What Finland illustrates is that mobile cellular penetration may exceed fixed line penetration even in countries that have already attained a high level of telecommunication development. In the past, a family would have obtained one fixed telephone connection. Today, it is not inconceivable that each member of the family will own their own mobile phone. |
Note — Analogue systems include: AMPS (Advanced Mobile Phone System), NMT (Nordic Mobile Telephony), TACS (Total Access Communications System). Digital systems include: CDMA (Code Division Multiple Access), GSM (Global System for Mobile), PDC (Personal Digital Cellular), PHS (Personal Handyphone System), TDMA (Time Division Multiple Access).
Source: ITU adapted from Dataquest, Ericsson, GSM MoU, CDMA Development Group.
Figure 2 — Alphabet soup (distribution of mobile cellular subscribers by technology (1998) and handset sales by supplier (1998))
In developing countries, the lack of regulatory skills and in some cases, the absence of an independent regulator, have narrowed the latitude for encouraging mobile operators to enlarge overall accessibility to communications. This begs the question of whether mobile cellular has grown so fast because of limited regulation or whether it would grow even more rapidly with it.
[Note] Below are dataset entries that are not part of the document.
-- ===== src/DeviceMap/Lost.antt =====
-- A device that was lost.
use xibridge.Prelude.{ℕ, ◌≡◌, Bool, arith, ◌<◌}
use xibridge.DevId.{DevId}
use xibridge.DeviceMap.{
  MapDevIdPHandle, erase_conn, release, remove_conn_or_remove_device, uint32_max,
}

pub remove-known :
    (conn_id : ℕ) (d : DevId) (force : Bool) (t : MapDevIdPHandle)
    → d.id < uint32_max
    → remove_conn_or_remove_device conn_id d force t
      ≡ release d force (record t { conns = erase_conn t.conns conn_id })
unfolding remove_conn_or_remove_device
remove-known conn_id d force t l = ground arith
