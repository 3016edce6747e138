-- ===== src/DeviceMap/Overlap.antt =====
-- server/mapdevidphnd.cpp: the methods of MapDevIdPHandle as they overlap in several threads, in steps. A thread looks for
-- the mutex of its device in the pool and adds it where it is not there (`lock_create_device_mutex`), takes it, works, and
-- gives it back (`unlock_device_mutex`). A stretch under the lock of the table or of the pool is one step, and so are the
-- calls of the serial library. What that library gives is any `Outcome`. The two searches of `unlock_device_mutex` are one.
-- The table and the pool are maps on keys that `operator <` orders.
pub mod Mutex
pub mod Counting
pub mod Exclusion
pub mod Steady
pub mod Handle
pub mod Nothing
use xibridge.Prelude.{
  ℕ, ◌+◌, ◌≡◌, Bool, true, false, not, ◌||◌, List, [], ◌∷◌, ◌++◌, Option, none, some, if◌then◌else◌,
  ◌==◌,
}
use xibridge.DevId.{DevId, dev_eq}
use xibridge.DeviceMap.{
  MapDevIdPHandle, XibResult, xib_result_nodevice, is_nodevice, same_key, find_device, put_device,
  erase_device, find_conn, erase_conn, find_serial, devid_known, uint32_max, destroy_device_h,
}

-- The methods behind their first look at the table: `operation_send_request` (or `urpc_operation_send_request`),
-- `open_if_not` and `remove_conn_or_remove_device`.
pub data Job : Type 0 where
  request : Job
  opening : (conn_id : ℕ) → Job
  closing : (conn_id : ℕ) (force : Bool) → Job

-- How far a thread got that holds the mutex of a device.
pub data Work : Type 0 where
  start : Job → Work
  sending : Option ℕ → Work
  sent : XibResult → Work
  creating : (conn_id : ℕ) → Work
  recording : (conn_id : ℕ) → Option ℕ → Work
  opened : Bool → Work
  deciding : (force : Bool) → Work
  destroying : Work
  erasing : Work
  closed : Work

-- Where a thread stands. `lost` is behind a request that told that there is no device; `answered` is what `open_if_not`
-- returns. A thread that waits looks for the mutex of its device in the pool; where it found none it goes on to insert one,
-- and then it is queued at the mutex that it has, which is named by the key of its entry.
pub data Place : Type 0 where
  outside : Place
  waiting : DevId → Job → Place
  inserting : DevId → Job → Place
  queued : DevId → DevId → Job → Place
  inside : DevId → Work → Place
  lost : DevId → Place
  answered : Bool → Place

-- The table, the keys of `_mutex_pool`, and the mutexes that are locked.
pub record Shared : Type 0 where
  pub table : MapDevIdPHandle
  pub pool : List DevId
  pub locked : List DevId

pub record Sys : Type 0 where
  pub shared : Shared
  pub threads : List Place

-- What `send_request` and `create_device_h` give.
pub record Outcome : Type 0 where
  pub answer : XibResult
  pub handle : Option ℕ

-- Whether a thread is between taking the mutex of a device and giving it back.
abbrev pub holds : DevId → Place → Bool
holds d (inside e w) = same_key e d
holds d _ = false

abbrev pub holders : DevId → List Place → ℕ
holders d [] = 0
holders d (p ∷ ps) = (if holds d p then 1 else 0) + holders d ps

-- The pool's map: `find`, with the key of the entry found, and the insertion by `operator []`.
abbrev pub find_key : List DevId → DevId → Option DevId
find_key [] d = none
find_key (k ∷ pool) d = if same_key k d then some k else find_key pool d

abbrev pub with_key : Option DevId → DevId → List DevId → List DevId
with_key none d pool = pool ++ d ∷ []
with_key (some k) d pool = pool

-- The lock of a mutex: a thread waits while it is locked.
abbrev pub is_locked : DevId → List DevId → Bool
is_locked k [] = false
is_locked k (j ∷ locked) = same_key j k || is_locked k locked

abbrev pub taken : DevId → List DevId → List DevId
taken k locked = k ∷ locked

abbrev pub without : DevId → List DevId → List DevId
without k [] = []
without k (j ∷ locked) = let rest = without k locked in if same_key j k then rest else j ∷ rest

-- `unlock_device_mutex`, which does nothing for a device without a mutex.
abbrev pub given_back : Option DevId → List DevId → List DevId
given_back none locked = locked
given_back (some k) locked = without k locked

abbrev pub is_named : DevId → List DevId → Bool
is_named d [] = false
is_named d (e ∷ ds) = if dev_eq e d then true else is_named d ds

-- `(*this)[devid]`: a device that is not there gets an entry with a null handle.
abbrev pub handle_of : Option (Option ℕ) → Option ℕ
handle_of none = none
handle_of (some h) = h

abbrev pub touched : Option (Option ℕ) → DevId → MapDevIdPHandle → MapDevIdPHandle
touched none d t = record t { devices = put_device t.devices d none }
touched (some h) d t = t

abbrev pub with_conn : ℕ → DevId → MapDevIdPHandle → MapDevIdPHandle
with_conn conn_id d t = record t { conns = t.conns ++ (conn_id, d) ∷ [] }

-- `open_if_not` on what it found.
abbrev pub open_found : ℕ → DevId → Option (Option ℕ) → MapDevIdPHandle → Work × MapDevIdPHandle
open_found conn_id d (some h) t = (opened true, with_conn conn_id d t)
open_found conn_id d none t = (creating conn_id, record t { devices = put_device t.devices d none })

-- An entry that is left with a null handle is erased.
abbrev pub drop_null : Option ℕ → DevId → MapDevIdPHandle → MapDevIdPHandle
drop_null none d t = record t { devices = erase_device t.devices d }
drop_null (some h) d t = t

abbrev pub set_found : ℕ → DevId → ℕ → Option (Option ℕ) → MapDevIdPHandle → MapDevIdPHandle
set_found conn_id d h none t = t
set_found conn_id d h (some g) t =
    with_conn conn_id d (record t { devices = put_device t.devices d (some h) })

abbrev pub drop_if_null : DevId → MapDevIdPHandle → MapDevIdPHandle
drop_if_null d t = drop_null (handle_of (find_device t.devices d)) d t

abbrev pub decided : Bool → DevId → Option (Option ℕ) → MapDevIdPHandle → Work
decided force d none t = closed
decided force d (some h) t = if force || not (find_serial t.conns d) then destroying else closed

-- The next step of a thread that holds the mutex of device `d`. One that has come to the end stays there.
unfoldable pub work : Outcome → DevId → Work → MapDevIdPHandle → Work × MapDevIdPHandle
work o d (start request) t =
    (sending (handle_of (find_device t.devices d)), touched (find_device t.devices d) d t)
work o d (start (opening conn_id)) t = open_found conn_id d (find_device t.devices d) t
work o d (start (closing conn_id force)) t =
    (deciding force, record t { conns = erase_conn t.conns conn_id })
work o d (sending none) t = (sent xib_result_nodevice, t)
work o d (sending (some h)) t = (sent o.answer, t)
work o d (sent res) t = (sent res, t)
work o d (creating conn_id) t = (recording conn_id o.handle, t)
work o d (recording conn_id none) t = (opened false, drop_if_null d t)
work o d (recording conn_id (some h)) t =
    (opened true, drop_if_null d (set_found conn_id d h (find_device t.devices d) t))
work o d (opened b) t = (opened b, t)
work o d (deciding force) t = (decided force d (find_device t.devices d) t, t)
work o d destroying t = (
  erasing,
  record t {
    devices = put_device t.devices d none;
    destroyed = destroy_device_h (handle_of (find_device t.devices d)) t.destroyed;
  },
)
work o d erasing t = (closed, record t { devices = erase_device t.devices d })
work o d closed t = (closed, t)

-- Where a thread stands that gave the mutex back, if it was at the end.
abbrev pub left : DevId → Work → Option Place
left d (sent res) = some (if is_nodevice res then lost d else outside)
left d (opened b) = some (answered b)
left d closed = some outside
left d _ = none

-- A step of a thread, from `p` and `s` to `q` and `s'`. The devices that threads look for are those of `named`.
pub data Act (named : List DevId) (p : Place) (s : Shared) (q : Place) (s' : Shared) : Type 0 where
  ask_request :
      (d : DevId) (h : Option ℕ)
      → is_named d named ≡ true
      → find_device s.table.devices d ≡ some h
      → p ≡ outside
      → q ≡ waiting d request
      → s' ≡ s
      → Act named p s q s'
  ask_open :
      (conn_id : ℕ) (d : DevId)
      → is_named d named ≡ true
      → find_conn s.table.conns conn_id ≡ none
      → p ≡ outside
      → q ≡ waiting d (opening conn_id)
      → s' ≡ s
      → Act named p s q s'
  ask_close :
      (conn_id : ℕ) (d : DevId) (force : Bool)
      → is_named (devid_known s.table conn_id d) named ≡ true
      → ((devid_known s.table conn_id d).id == uint32_max) ≡ false
      → p ≡ outside
      → q ≡ waiting (devid_known s.table conn_id d) (closing conn_id force)
      → s' ≡ s
      → Act named p s q s'
  ask_removal :
      (d : DevId)
      → is_named (devid_known s.table uint32_max d) named ≡ true
      → ((devid_known s.table uint32_max d).id == uint32_max) ≡ false
      → p ≡ lost d
      → q ≡ waiting (devid_known s.table uint32_max d) (closing uint32_max true)
      → s' ≡ s
      → Act named p s q s'
  no_removal :
      (d : DevId)
      → ((devid_known s.table uint32_max d).id == uint32_max) ≡ true
      → p ≡ lost d
      → q ≡ outside
      → s' ≡ s
      → Act named p s q s'
  find_mutex :
      (d k : DevId) (job : Job)
      → find_key s.pool d ≡ some k
      → p ≡ waiting d job
      → q ≡ queued d k job
      → s' ≡ s
      → Act named p s q s'
  no_mutex :
      (d : DevId) (job : Job)
      → find_key s.pool d ≡ none
      → p ≡ waiting d job
      → q ≡ inserting d job
      → s' ≡ s
      → Act named p s q s'
  add_mutex :
      (d k : DevId) (job : Job)
      → find_key (with_key (find_key s.pool d) d s.pool) d ≡ some k
      → p ≡ inserting d job
      → q ≡ queued d k job
      → s' ≡ record s { pool = with_key (find_key s.pool d) d s.pool }
      → Act named p s q s'
  lock_mutex :
      (d k : DevId) (job : Job)
      → is_locked k s.locked ≡ false
      → p ≡ queued d k job
      → q ≡ inside d (start job)
      → s' ≡ record s { locked = taken k s.locked }
      → Act named p s q s'
  work_on :
      (o : Outcome) (d : DevId) (w : Work)
      → p ≡ inside d w
      → q ≡ inside d (work o d w s.table).0
      → s' ≡ record s { table = (work o d w s.table).1 }
      → Act named p s q s'
  unlock_mutex :
      (d : DevId) (w : Work)
      → left d w ≡ some q
      → p ≡ inside d w
      → s' ≡ record s { locked = given_back (find_key s.pool d) s.locked }
      → Act named p s q s'
  return : (b : Bool) → p ≡ answered b → q ≡ outside → s' ≡ s → Act named p s q s'

pub data Step (named : List DevId) (s s' : Sys) : Type 0 where
  thread :
      (xs ys : List Place) (p q : Place) (t' : Shared)
      → s.threads ≡ xs ++ p ∷ ys
      → Act named p s.shared q t'
      → s' ≡ record { shared = t'; threads = xs ++ q ∷ ys }
      → Step named s s'

pub data Reach (named : List DevId) (s : Sys) : Sys → Type 0 where
  here : Reach named s s
  next : {u v : Sys} → Reach named s u → Step named u v → Reach named s v
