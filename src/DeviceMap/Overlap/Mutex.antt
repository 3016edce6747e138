-- ===== src/DeviceMap/Overlap/Mutex.antt =====
-- server/mapdevidphnd.cpp: the keys of the pool and the locked mutexes.
use xibridge.Prelude.{
  ℕ, ◌+◌, ◌≡◌, refl, sym, ap, ◌∙◌, true, false, List, [], ◌∷◌, Option, none, some, if◌then◌else◌,
  arith, Bool-cases, inl, inr,
}
use xibridge.DevId.{DevId, dev_lt}
use xibridge.DeviceMap.{same_key}
use xibridge.DeviceMap.Overlap.{find_key, is_locked, without}

pub same_key_trans : (a b c : DevId) → same_key a b ≡ true → same_key c a ≡ same_key c b
unfolding same_key dev_lt
same_key_trans a b c h = ground arith

-- How many of the locked mutexes are that of a device.
abbrev pub locks : DevId → List DevId → ℕ
locks d [] = 0
locks d (k ∷ ks) = (if same_key k d then 1 else 0) + locks d ks

pub same_key_sym : (a b : DevId) → same_key a b ≡ same_key b a
unfolding same_key
same_key_sym a b = ground arith

pub same_key_left : (a b c : DevId) → same_key a b ≡ true → same_key a c ≡ same_key b c
same_key_left a b c h = same_key_sym a c ∙ same_key_trans a b c h ∙ same_key_sym c b

pub locks_same : (d e : DevId) (ks : List DevId) → same_key d e ≡ true → locks d ks ≡ locks e ks
locks_same d e [] h = refl
locks_same d e (k ∷ ks) h = rw (same_key_trans d e k h, locks_same d e ks h) refl

pub is_locked-locks : (k : DevId) (ks : List DevId) → is_locked k ks ≡ false → locks k ks ≡ 0
is_locked-locks k [] h = refl
is_locked-locks k (j ∷ ks) h = ground (arith, is_locked-locks k ks)

pub without_same : (k : DevId) (ks : List DevId) → locks k (without k ks) ≡ 0
without_same k [] = refl
without_same k (j ∷ ks) = elim (Bool-cases (same_key j k)) [
  | inl b ↦ rw b (without_same k ks)
  | inr b ↦ rw (b, b) (omega (arith, without_same k ks))
]

pub without_other :
    (k d : DevId) (ks : List DevId) → same_key k d ≡ false → locks d (without k ks) ≡ locks d ks
without_other k d [] h = refl
without_other k d (j ∷ ks) h = elim (Bool-cases (same_key j k)) [
  | inl b ↦ rw (b, same_key_left j k d b ∙ h) (omega (arith, without_other k d ks h))
  | inr b ↦ rw b (ap (λ (n : ℕ). (if same_key j d then 1 else 0) + n) (without_other k d ks h))
]

abbrev key_or : DevId → Option DevId → DevId
key_or j none = j
key_or j (some k) = k

pub find_key-same :
    (pool : List DevId) (d k : DevId) → find_key pool d ≡ some k → same_key k d ≡ true
find_key-same [] d k h = ground arith
find_key-same (j ∷ pool) d k h = elim (Bool-cases (same_key j d)) [
  | inl b ↦ ap (λ o. same_key (key_or j o) d) (sym h ∙ chosen b) ∙ b
  | inr b ↦ find_key-same pool d k (sym (passed b) ∙ h)
]
  where
    chosen : same_key j d ≡ true → find_key (j ∷ pool) d ≡ some j
    chosen b = rw b refl

    passed : same_key j d ≡ false → find_key (j ∷ pool) d ≡ find_key pool d
    passed b = rw b refl
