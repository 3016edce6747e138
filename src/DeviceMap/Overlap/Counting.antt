-- ===== src/DeviceMap/Overlap/Counting.antt =====
-- server/mapdevidphnd.cpp: the threads inside against the locked mutexes, step by step.
use xibridge.Prelude.{
  ℕ, ◌+◌, ◌≤◌, ◌≡◌, refl, sym, ap, ◌∙◌, true, false, List, [], ◌∷◌, ◌++◌, Option, none, some,
  if◌then◌else◌, Bool, ◌&&◌, arith, Bool-cases, inl, inr,
}
use xibridge.DevId.{DevId}
use xibridge.DeviceMap.{is_nodevice, same_key}
use xibridge.DeviceMap.Overlap.Mutex.{
  same_key_trans, locks, same_key_left, locks_same, is_locked-locks, without_same, without_other,
  find_key-same,
}
use xibridge.DeviceMap.Overlap.{
  Job, Work, start, sending, sent, creating, recording, opened, deciding, destroying, erasing,
  closed, Place, outside, waiting, inserting, queued, inside, lost, answered, Shared, holds,
  holders, left, find_key, with_key, is_locked, taken, without, given_back, Act, ask_request,
  ask_open, ask_close, ask_removal, no_removal, find_mutex, no_mutex, add_mutex, lock_mutex,
  work_on, unlock_mutex, return,
}

holds_same : (d e : DevId) (p : Place) → same_key d e ≡ true → holds d p ≡ holds e p
holds_same d e outside h = refl
holds_same d e (waiting c job) h = refl
holds_same d e (inserting c job) h = refl
holds_same d e (queued c k job) h = refl
holds_same d e (inside c w) h = same_key_trans d e c h
holds_same d e (lost c) h = refl
holds_same d e (answered b) h = refl

holders_same : (d e : DevId) (ps : List Place) → same_key d e ≡ true → holders d ps ≡ holders e ps
holders_same d e [] h = refl
holders_same d e (p ∷ ps) h =
    ap (λ b. (if b then 1 else 0) + holders d ps) (holds_same d e p h)
    ∙ ap (λ (n : ℕ). (if holds e p then 1 else 0) + n) (holders_same d e ps h)

pub holders-middle :
    (d : DevId) (xs ys : List Place) (p : Place)
    → holders d (xs ++ p ∷ ys) ≡ (if holds d p then 1 else 0) + holders d (xs ++ ys)
holders-middle d [] ys p = refl
holders-middle d (x ∷ xs) ys p = omega (arith, holders-middle d xs ys p)

abbrev pub cost : DevId → Place → ℕ
cost d p = if holds d p then 1 else 0

abbrev pub left_place : Option Place → Place
left_place none = outside
left_place (some q) = q

left_outside : (d e : DevId) (w : Work) → holds d (left_place (left e w)) ≡ false
left_outside d e (start job) = refl
left_outside d e (sending h) = refl
left_outside d e (sent res) = elim (Bool-cases (is_nodevice res)) [
  | inl b ↦ rw b refl
  | inr b ↦ rw b refl
]
left_outside d e (creating c) = refl
left_outside d e (recording c h) = refl
left_outside d e (opened b) = refl
left_outside d e (deciding f) = refl
left_outside d e destroying = refl
left_outside d e erasing = refl
left_outside d e closed = refl

pub left_none : (d e : DevId) (w : Work) {q : Place} → left e w ≡ some q → cost d q ≡ 0
left_none d e w {q} h = rw (ap (λ o. holds d (left_place o)) (sym h) ∙ left_outside d e w) refl

-- A thread that is queued has the mutex of its device.
abbrev pub keyed : Place → Bool
keyed (queued d k job) = same_key k d
keyed _ = true

abbrev pub all_keyed : List Place → Bool
all_keyed [] = true
all_keyed (p ∷ ps) = keyed p && all_keyed ps

pub all_keyed-middle :
    (xs ys : List Place) (p : Place) → all_keyed (xs ++ p ∷ ys) ≡ keyed p && all_keyed (xs ++ ys)
all_keyed-middle [] ys p = refl
all_keyed-middle (x ∷ xs) ys p =
    ap (λ b. keyed x && b) (all_keyed-middle xs ys p)
    ∙ swap (keyed x) (keyed p) (all_keyed (xs ++ ys))
  where
    swap : (a b c : Bool) → a && (b && c) ≡ b && (a && c)
    swap a b c = ground arith

-- A thread and the others against the locked mutexes.
abbrev pub Counted : DevId → ℕ → Place → List DevId → Type 0
Counted d others p ks = (cost d p + others ≤ locks d ks) × (locks d ks ≤ 1)

given_back-Counted :
    (d e : DevId) (w : Work) (n : ℕ) (o : Option DevId) (ks : List DevId)
    → ((k : DevId) → o ≡ some k → same_key k e ≡ true)
    → cost d (inside e w) + n ≤ locks d ks
    → locks d ks ≤ 1
    → (n ≤ locks d (given_back o ks)) × (locks d (given_back o ks) ≤ 1)
given_back-Counted d e w n none ks f l m = (omega (arith, l), m)
given_back-Counted d e w n (some k) ks f l m = elim (Bool-cases (same_key e d)) [
  | inl same ↦
      let all = locks_same k d (without k ks) (same_key_left k e d (f k refl) ∙ same) in
      let own : cost d (inside e w) ≡ 1 = rw same refl in
      (omega (arith, l, m, own), omega (arith, sym all ∙ without_same k ks))
  | inr other ↦
      let rest = without_other k d ks (same_key_left k e d (f k refl) ∙ other) in
      (omega (arith, l, rest), omega (arith, m, rest))
]

taken-Counted :
    (d e k : DevId) (job : Job) (n : ℕ) (ks : List DevId)
    → same_key k e ≡ true
    → is_locked k ks ≡ false
    → n ≤ locks d ks
    → locks d ks ≤ 1
    → Counted d n (inside e (start job)) (taken k ks)
taken-Counted d e k job n ks h free l m = elim (Bool-cases (same_key e d)) [
  | inl same ↦
      let both = same_key_left k e d h ∙ same in
      let none_locked = sym (locks_same k d ks both) ∙ is_locked-locks k ks free in
      rw (same, both) (omega (arith, l, none_locked), omega (arith, none_locked))
  | inr other ↦ rw (other, same_key_left k e d h ∙ other) (omega (arith, l), omega (arith, m))
]

keyed-left : (e : DevId) (w : Work) → keyed (left_place (left e w)) ≡ true
keyed-left e (start job) = refl
keyed-left e (sending h) = refl
keyed-left e (sent res) = elim (Bool-cases (is_nodevice res)) [
  | inl b ↦ rw b refl
  | inr b ↦ rw b refl
]
keyed-left e (creating c) = refl
keyed-left e (recording c h) = refl
keyed-left e (opened b) = refl
keyed-left e (deciding f) = refl
keyed-left e destroying = refl
keyed-left e erasing = refl
keyed-left e closed = refl

-- A step between two places outside the mutex.
same_cost :
    (d : DevId) (n : ℕ) {p q a b : Place} {s s' : Shared}
    → p ≡ a
    → q ≡ b
    → s' ≡ s
    → cost d a ≡ cost d b
    → Counted d n p s.locked
    → Counted d n q s'.locked
same_cost d n i j k c l = rw k (omega (arith, l.0, ap (cost d) i, ap (cost d) j, c), l.1)

pub Act-keyed :
    {named : List DevId} {p q : Place} {s s' : Shared} → Act named p s q s' → keyed q ≡ true
Act-keyed (ask_request e h n g i j k) = ap keyed j
Act-keyed (ask_open c e n g i j k) = ap keyed j
Act-keyed (ask_close c e f n g i j k) = ap keyed j
Act-keyed (ask_removal e n g i j k) = ap keyed j
Act-keyed (no_removal e g i j k) = ap keyed j
Act-keyed {s = s} (find_mutex e m job g i j k) = ap keyed j ∙ find_key-same s.pool e m g
Act-keyed (no_mutex e job g i j k) = ap keyed j
Act-keyed {s = s} (add_mutex e m job g i j k) =
    ap keyed j ∙ find_key-same (with_key (find_key s.pool e) e s.pool) e m g
Act-keyed (lock_mutex e m job g i j k) = ap keyed j
Act-keyed (work_on o e w i j k) = ap keyed j
Act-keyed (unlock_mutex e w g i k) = ap (λ o. keyed (left_place o)) (sym g) ∙ keyed-left e w
Act-keyed (return b i j k) = ap keyed j

pub Act-Counted :
    {named : List DevId} (d : DevId) (n : ℕ) {p q : Place} {s s' : Shared}
    → Act named p s q s'
    → keyed p ≡ true
    → Counted d n p s.locked
    → Counted d n q s'.locked
Act-Counted d n (ask_request e h a g i j k) y l = same_cost d n i j k refl l
Act-Counted d n (ask_open c e a g i j k) y l = same_cost d n i j k refl l
Act-Counted d n (ask_close c e f a g i j k) y l = same_cost d n i j k refl l
Act-Counted d n (ask_removal e a g i j k) y l = same_cost d n i j k refl l
Act-Counted d n (no_removal e g i j k) y l = same_cost d n i j k refl l
Act-Counted d n (find_mutex e m job g i j k) y l = same_cost d n i j k refl l
Act-Counted d n (no_mutex e job g i j k) y l = same_cost d n i j k refl l
Act-Counted d n {s = s} (add_mutex e m job g i j k) y l =
    rw (ap (λ (u : Shared). u.locked) k) (omega (arith, l.0, ap (cost d) i, ap (cost d) j), l.1)
Act-Counted d n {s = s} (lock_mutex e m job g i j k) y l =
    rw (j, k) (taken-Counted d e m job n s.locked (sym (ap keyed i) ∙ y) g (omega (arith, l.0)) l.1)
Act-Counted d n (work_on o e w i j k) y l =
    rw (ap (λ (u : Shared). u.locked) k) (omega (arith, l.0, ap (cost d) i, ap (cost d) j), l.1)
Act-Counted d n {s = s} (unlock_mutex e w g i k) y l =
    let (a, b) =
      given_back-Counted d e w n (find_key s.pool e) s.locked (find_key-same s.pool e)
        (omega (arith, l.0, ap (cost d) i)) l.1 in
    rw (ap (λ (u : Shared). u.locked) k) (omega (arith, a, left_none d e w g), b)
Act-Counted d n (return b i j k) y l = same_cost d n i j k refl l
There is a need for some degree of mobile regulation, if for no other reason than to ensure services can operate without interference. One way this has traditionally been done is by limiting the number of operators. Frequency constraints, coupled with the high level of initial investment required (either because of significant licence fees, network construction expenditures or both) suggest that there are high barriers to entry and that the mobile cellular industry could never be a textbook example of a perfectly competitive market. As a result, there may be some areas where competition will not work as intended. For instance market distortions could arise, particularly in pricing, unless there is some form of regulatory oversight.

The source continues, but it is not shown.